Она так и сделала. Пристроила «красоту» на прилавке, И от движения воздуха заплескался, заструился розовый легкий шелк.
Старушка скосила глаза:
— Эхе-хе… Кто ж нынче такое купит? Не до жиру, быть бы живу…
Нина приуныла. Видела, что покупателей почти нет, все продают, только кучка красноармейцев толпится у табуретки с картошкой. А тот, кто забредал на рынок, останавливался возле Нины, разглядывал ее товар и уходил молча, либо, прицокивая языком, ронял:
— Стоящая вещь.
Хоть бы рублей двадцать дали, подумала она.

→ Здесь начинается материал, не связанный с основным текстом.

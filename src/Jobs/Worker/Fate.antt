-- ===== src/Jobs/Worker/Fate.antt =====
-- What becomes of a job: an ended job stays as it is, and a running job whose task is gone is never
-- taken up again.
use cora_os.Prelude.{
  ℕ, zero, suc, ◌≡◌, ◌≢◌, refl, inl, inr, true, false, not, ◌&&◌, none, some, ltb, arith,
  Bool-cases, Option-cases, ◌==◌, ==_iff,
}
use cora_os.Prelude.Table.{find, update, find-update, find-append, All-find, key-find}
use cora_os.Jobs.{
  Job, first_claimable, as_running, as_cancelled, job_key, job_of, returned, is_terminal, is_queued,
  create_job,
}
use cora_os.Jobs.Rows.{find-first_claimable}
use cora_os.Jobs.Worker.{World, in_flight, spawned, fill_slots}
use cora_os.Jobs.Worker.Run.{ending, id-ending, jobs-run_claimed, run_claimed_down}
use cora_os.Jobs.Worker.Pool.{
  Step, submit, cancel, fill, finish, reaped, beat, stop, die, Reach, here, next, task_key,
  claim_none, claim_some, IsSound, IsHeld, Reach-IsSound, cancel_job-cases, jobs-heartbeat,
  find-without_absent, claim-IsSound,
}

-- The job is in the table as `j`, waits for nobody, and no task runs it.
pub record IsLeft (k : ℕ) (j : Job) (w : World) : Type 0 where
  pub there : find job_key k w.jobs ≡ some j
  pub not_queued : is_queued j.status ≡ false
  pub no_task : find task_key k w.active ≡ none

module _ (k : ℕ) (j : Job) where
  IsLeft-claim :
      (now : ℕ) (w : World) (i : Job)
      → IsSound w
      → first_claimable w.jobs ≡ some i
      → IsLeft k j w
      → IsLeft k j (
          spawned
            (returned (as_running now i))
            (record w.db { jobs = update job_key i.id (as_running now) w.jobs })
            w)
  IsLeft-claim now w i s first l = elim (Bool-cases (i.id == k)) [
    | inl same ↦ absurd (
        ground (
          arith,
          (==_iff i.id k).0 same,
          find-first_claimable w.jobs i s.orderly.keyed first,
          l.there,
          l.not_queued,
        ))
    | inr other ↦ record {
      there =
          ground (arith, find-update job_key i.id k (as_running now) (λ x. refl) w.jobs, l.there);
      not_queued = l.not_queued;
      no_task =
          ground (arith, find-append task_key k w.active (returned (as_running now i)), l.no_task);
    }
  ]

  IsLeft-fill :
      (fuel max : ℕ) (clock : ℕ → ℕ) (w : World)
      → IsSound w
      → IsLeft k j w
      → IsLeft k j (fill_slots fuel max clock w).0
  unfolding fill_slots
  IsLeft-fill zero max clock w s l = l
  IsLeft-fill (suc fuel) max clock w s l =
      elim (Bool-cases (not w.shutdown && ltb (in_flight w) max)) [
        | inr full ↦ simp full l
        | inl room ↦ elim (Bool-cases w.pool) [
          | inr down ↦ simp (room, claim_none (clock fuel) w.db (inl down)) l
          | inl up ↦ elim (Option-cases (first_claimable w.jobs)) [
            | inl idle ↦ simp (room, claim_none (clock fuel) w.db (inr idle)) l
            | inr (i, first) ↦
                simp (room, claim_some (clock fuel) w.db i up first)
                  (IsLeft-fill fuel max clock _ (claim-IsSound (clock fuel) w s i first)
                    (IsLeft-claim (clock fuel) w i s first l))
          ]
        ]
      ]

  IsLeft-step : {max : ℕ} {u w : World} → Step max u w → IsSound u → IsLeft k j u → IsLeft k j w
  unfolding create_job
  IsLeft-step {u = u} (submit i n new many) s l = elim (Bool-cases u.pool) [
    | inr down ↦ simp down l
    | inl up ↦ simp up (record {
      there = ground (arith, find-append job_key k u.jobs (job_of i n), l.there);
      not_queued = l.not_queued;
      no_task = l.no_task;
    })
  ]
  IsLeft-step {u = u} (cancel i now) s l = elim (cancel_job-cases i now u s) [
    | inl same ↦ rw same l
    | inr (x, f, waits, moved) ↦ rw moved (record {
      there = ground (
        arith,
        find-update job_key i k (as_cancelled now) (λ x. refl) u.jobs,
        l.there,
        l.not_queued,
        (==_iff i k).0,
      );
      not_queued = l.not_queued;
      no_task = l.no_task;
    })
  ]
  IsLeft-step {max = max} {u = u} (fill fuel clock) s l = IsLeft-fill fuel max clock u s l
  IsLeft-step {u = u} (finish c h now mine) s l =
      let apart : c.id ≢ k = (λ e. ground (arith, l.no_task, e, mine)) in
      record {
        there = elim (Bool-cases u.pool) [
          | inr down ↦ rw (run_claimed_down c h now u.store down) l.there
          | inl up ↦ rw (jobs-run_claimed c h now u.store up) (
              ground (
                arith,
                find-update job_key c.id k (ending c h now) (id-ending c h now) u.jobs,
                l.there,
              ))
        ];
        not_queued = l.not_queued;
        no_task = find-without_absent c.id k u.active l.no_task;
      }
  IsLeft-step reaped s l = record {
    there = l.there;
    not_queued = l.not_queued;
    no_task = l.no_task;
  }
  IsLeft-step {u = u} (beat now) s l = record {
    there = rw (jobs-heartbeat none now u.store) l.there;
    not_queued = l.not_queued;
    no_task = l.no_task;
  }
  IsLeft-step stop s l = record { there = l.there; not_queued = l.not_queued; no_task = l.no_task }
  IsLeft-step die s l = record { there = l.there; not_queued = l.not_queued; no_task = refl }

  -- A running job that no task of the worker holds, as after the death of the process, is left as it is
  -- for ever: no call, claim or task end changes its row again.
  pub IsLeft-stays :
      {max : ℕ} {u w : World} → Reach max u w → IsSound u → IsLeft k j u → IsLeft k j w
  IsLeft-stays here s l = l
  IsLeft-stays (next r st) s l = IsLeft-step st (Reach-IsSound r s) (IsLeft-stays r s l)

  -- A completed, failed or cancelled job keeps its row, every column of it, whatever happens after.
  pub ended_stays :
      {max : ℕ} {u w : World}
      → Reach max u w
      → IsSound u
      → find job_key k u.jobs ≡ some j
      → is_terminal j.status ≡ true
      → find job_key k w.jobs ≡ some j
  ended_stays {u = u} r s f over =
      (IsLeft-stays r s (record {
        there = f;
        not_queued = ground arith;
        no_task = elim (Option-cases (find task_key k u.active)) [
          | inl e ↦ e
          | inr (c, e) ↦
              let held : IsHeld u.jobs c = All-find task_key (IsHeld u.jobs) k u.active s.held e in
              absurd (ground (arith, key-find task_key k u.active e, held.1, held.2))
        ];
      })).there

Но никто даже не приценивался.
Ну и ладно, не надо, оставлю себе, не умру же без этих денег!
У нее замерзли в ботиках ноги, и она уже додумывала уйти, но тут подошла молодая беременная женщина в беличьей шубке и белых маленьких бурках, обшитых кожей.
— Какая прелесть, — пропела она мелодичным голосом, осторожно взяла в тонкие пальцы комбинацию, встряхнула ее, заиграли на солнце блестящие кружева. — Сережа, иди-ка сюда!
Подошел высокий военный с раздутым саквояжем, на петлицах его бекеши алели шпалы, серебрилась эмблема — змея над чашей. Военврач, определила Нина.
— Погляди, какая прелесть! — женщина вертела перед ним трепещущий шелк, а он смотрел на жену с доброй снисходительной улыбкой, как смотрят на избалованных детей.
Счастливая, с ней муж, вздохнула Нина.
— Сколько же это стоит? — спросила женщина, не выпуская из рук комбинацию.
— Не знаю, — Нина пожала плечами. Женщина удивленно взглянула на мужа, потом — на Нину. — Но я правда не знаю.
Женщина зашла за прилавок, прикоснулась рукой к одеяльцу, в которое был завернут ребенок.
— Можно я посмотрю?.. Я осторожно. — Она откинула угол одеяла, заглянула и тут же опять опустила его. — Какой славный… И видно, что мальчик.
Она улыбнулась Нине, и Нина ответно улыбнулась, они дружелюбно смотрели друг на друга — две матери, как два близких человека, знающих друг о друге то, чего никто не знает. Счастливая, опять подумала Нина. Он будет приносить ей цветы, стоять под окнами роддома, и она через окно сможет показать ему ребенка… Она и завидовала, и радовалась за эту женщину, и жалела ее — ей предстоят страдания, и никто, даже самый любящий человек, не снимет и части этих страданий, в своих муках она будет одинока…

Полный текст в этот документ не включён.